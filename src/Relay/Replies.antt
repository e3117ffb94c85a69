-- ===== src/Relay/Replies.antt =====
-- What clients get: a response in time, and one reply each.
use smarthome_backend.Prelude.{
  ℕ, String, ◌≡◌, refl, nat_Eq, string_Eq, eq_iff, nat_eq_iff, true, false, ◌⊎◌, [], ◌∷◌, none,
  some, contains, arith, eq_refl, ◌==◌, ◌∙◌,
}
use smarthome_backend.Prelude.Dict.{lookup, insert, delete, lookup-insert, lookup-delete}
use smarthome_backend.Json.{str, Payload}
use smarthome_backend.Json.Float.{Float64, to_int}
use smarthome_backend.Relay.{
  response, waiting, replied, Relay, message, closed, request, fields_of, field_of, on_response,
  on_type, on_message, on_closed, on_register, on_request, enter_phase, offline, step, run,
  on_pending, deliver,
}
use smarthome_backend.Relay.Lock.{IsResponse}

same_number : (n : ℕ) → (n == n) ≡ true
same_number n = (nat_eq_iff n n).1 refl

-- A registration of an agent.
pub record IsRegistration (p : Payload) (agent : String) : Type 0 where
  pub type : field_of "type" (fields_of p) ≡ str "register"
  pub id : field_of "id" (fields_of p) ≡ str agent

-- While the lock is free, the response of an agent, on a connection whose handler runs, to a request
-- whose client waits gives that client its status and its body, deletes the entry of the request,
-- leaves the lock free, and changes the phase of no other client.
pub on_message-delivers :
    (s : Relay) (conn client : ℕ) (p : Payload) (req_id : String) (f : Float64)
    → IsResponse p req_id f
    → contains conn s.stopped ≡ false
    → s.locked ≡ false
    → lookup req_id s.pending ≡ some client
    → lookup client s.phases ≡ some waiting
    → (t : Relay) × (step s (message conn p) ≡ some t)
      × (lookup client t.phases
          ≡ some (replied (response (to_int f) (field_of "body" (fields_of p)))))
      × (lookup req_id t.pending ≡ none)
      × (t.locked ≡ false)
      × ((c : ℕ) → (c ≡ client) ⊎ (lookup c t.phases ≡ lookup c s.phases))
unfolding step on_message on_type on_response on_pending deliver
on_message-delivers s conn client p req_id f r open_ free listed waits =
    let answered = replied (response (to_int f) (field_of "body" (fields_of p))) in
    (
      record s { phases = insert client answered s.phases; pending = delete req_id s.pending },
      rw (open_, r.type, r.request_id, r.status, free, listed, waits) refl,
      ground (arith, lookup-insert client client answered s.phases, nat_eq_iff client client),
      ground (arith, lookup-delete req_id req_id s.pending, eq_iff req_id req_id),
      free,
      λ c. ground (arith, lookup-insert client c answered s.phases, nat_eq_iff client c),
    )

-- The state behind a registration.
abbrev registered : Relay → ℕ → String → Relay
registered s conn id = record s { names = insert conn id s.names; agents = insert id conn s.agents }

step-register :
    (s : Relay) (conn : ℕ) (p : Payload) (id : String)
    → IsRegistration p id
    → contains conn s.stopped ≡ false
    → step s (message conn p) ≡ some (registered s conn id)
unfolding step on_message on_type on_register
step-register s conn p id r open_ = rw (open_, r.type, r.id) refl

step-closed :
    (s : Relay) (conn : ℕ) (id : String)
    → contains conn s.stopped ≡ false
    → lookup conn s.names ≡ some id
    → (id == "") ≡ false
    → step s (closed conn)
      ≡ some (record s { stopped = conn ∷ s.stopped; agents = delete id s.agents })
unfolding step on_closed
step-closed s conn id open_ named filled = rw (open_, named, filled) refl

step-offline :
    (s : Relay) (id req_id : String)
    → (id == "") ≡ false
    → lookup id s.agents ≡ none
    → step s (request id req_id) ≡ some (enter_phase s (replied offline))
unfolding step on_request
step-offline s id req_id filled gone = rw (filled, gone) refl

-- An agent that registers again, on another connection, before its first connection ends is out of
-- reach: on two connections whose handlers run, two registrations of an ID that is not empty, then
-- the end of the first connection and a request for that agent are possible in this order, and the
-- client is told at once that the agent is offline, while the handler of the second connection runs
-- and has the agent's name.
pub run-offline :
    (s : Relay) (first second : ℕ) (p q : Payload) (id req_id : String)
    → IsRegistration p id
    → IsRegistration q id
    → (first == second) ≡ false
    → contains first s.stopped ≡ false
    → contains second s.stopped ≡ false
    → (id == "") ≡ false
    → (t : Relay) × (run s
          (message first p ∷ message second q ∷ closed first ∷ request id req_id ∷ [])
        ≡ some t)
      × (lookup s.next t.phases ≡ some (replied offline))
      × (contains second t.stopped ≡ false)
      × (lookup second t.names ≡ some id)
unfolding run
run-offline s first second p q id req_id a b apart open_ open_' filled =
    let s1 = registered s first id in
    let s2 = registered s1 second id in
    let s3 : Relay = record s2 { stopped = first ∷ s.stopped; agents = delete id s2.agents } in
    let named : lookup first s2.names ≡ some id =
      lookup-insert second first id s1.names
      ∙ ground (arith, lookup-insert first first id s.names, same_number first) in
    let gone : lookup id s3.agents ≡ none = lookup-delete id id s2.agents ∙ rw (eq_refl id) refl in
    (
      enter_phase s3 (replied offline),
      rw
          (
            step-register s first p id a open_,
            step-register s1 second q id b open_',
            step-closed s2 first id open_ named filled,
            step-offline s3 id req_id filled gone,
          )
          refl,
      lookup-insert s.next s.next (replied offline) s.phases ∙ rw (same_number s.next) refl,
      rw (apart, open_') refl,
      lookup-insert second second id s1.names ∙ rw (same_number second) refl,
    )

# # # # #

▶ **Exercise description**
Return, exactly as they stand, the lines from the start of the records above through the line with "(s : Relay) (conn client", both ends included, and no other lines.

▶ **Finished exercise**
filename src/Relay/Replies.antt
repository e3117ffb94c85a69
-- ===== src/Relay/Replies.antt =====
-- What clients get: a response in time, and one reply each.
use smarthome_backend.Prelude.{
  ℕ, String, ◌≡◌, refl, nat_Eq, string_Eq, eq_iff, nat_eq_iff, true, false, ◌⊎◌, [], ◌∷◌, none,
  some, contains, arith, eq_refl, ◌==◌, ◌∙◌,
}
use smarthome_backend.Prelude.Dict.{lookup, insert, delete, lookup-insert, lookup-delete}
use smarthome_backend.Json.{str, Payload}
use smarthome_backend.Json.Float.{Float64, to_int}
use smarthome_backend.Relay.{
  response, waiting, replied, Relay, message, closed, request, fields_of, field_of, on_response,
  on_type, on_message, on_closed, on_register, on_request, enter_phase, offline, step, run,
  on_pending, deliver,
}
use smarthome_backend.Relay.Lock.{IsResponse}

same_number : (n : ℕ) → (n == n) ≡ true
same_number n = (nat_eq_iff n n).1 refl

-- A registration of an agent.
pub record IsRegistration (p : Payload) (agent : String) : Type 0 where
  pub type : field_of "type" (fields_of p) ≡ str "register"
  pub id : field_of "id" (fields_of p) ≡ str agent

-- While the lock is free, the response of an agent, on a connection whose handler runs, to a request
-- whose client waits gives that client its status and its body, deletes the entry of the request,
-- leaves the lock free, and changes the phase of no other client.
pub on_message-delivers :
    (s : Relay) (conn client : ℕ) (p : Payload) (req_id : String) (f : Float64)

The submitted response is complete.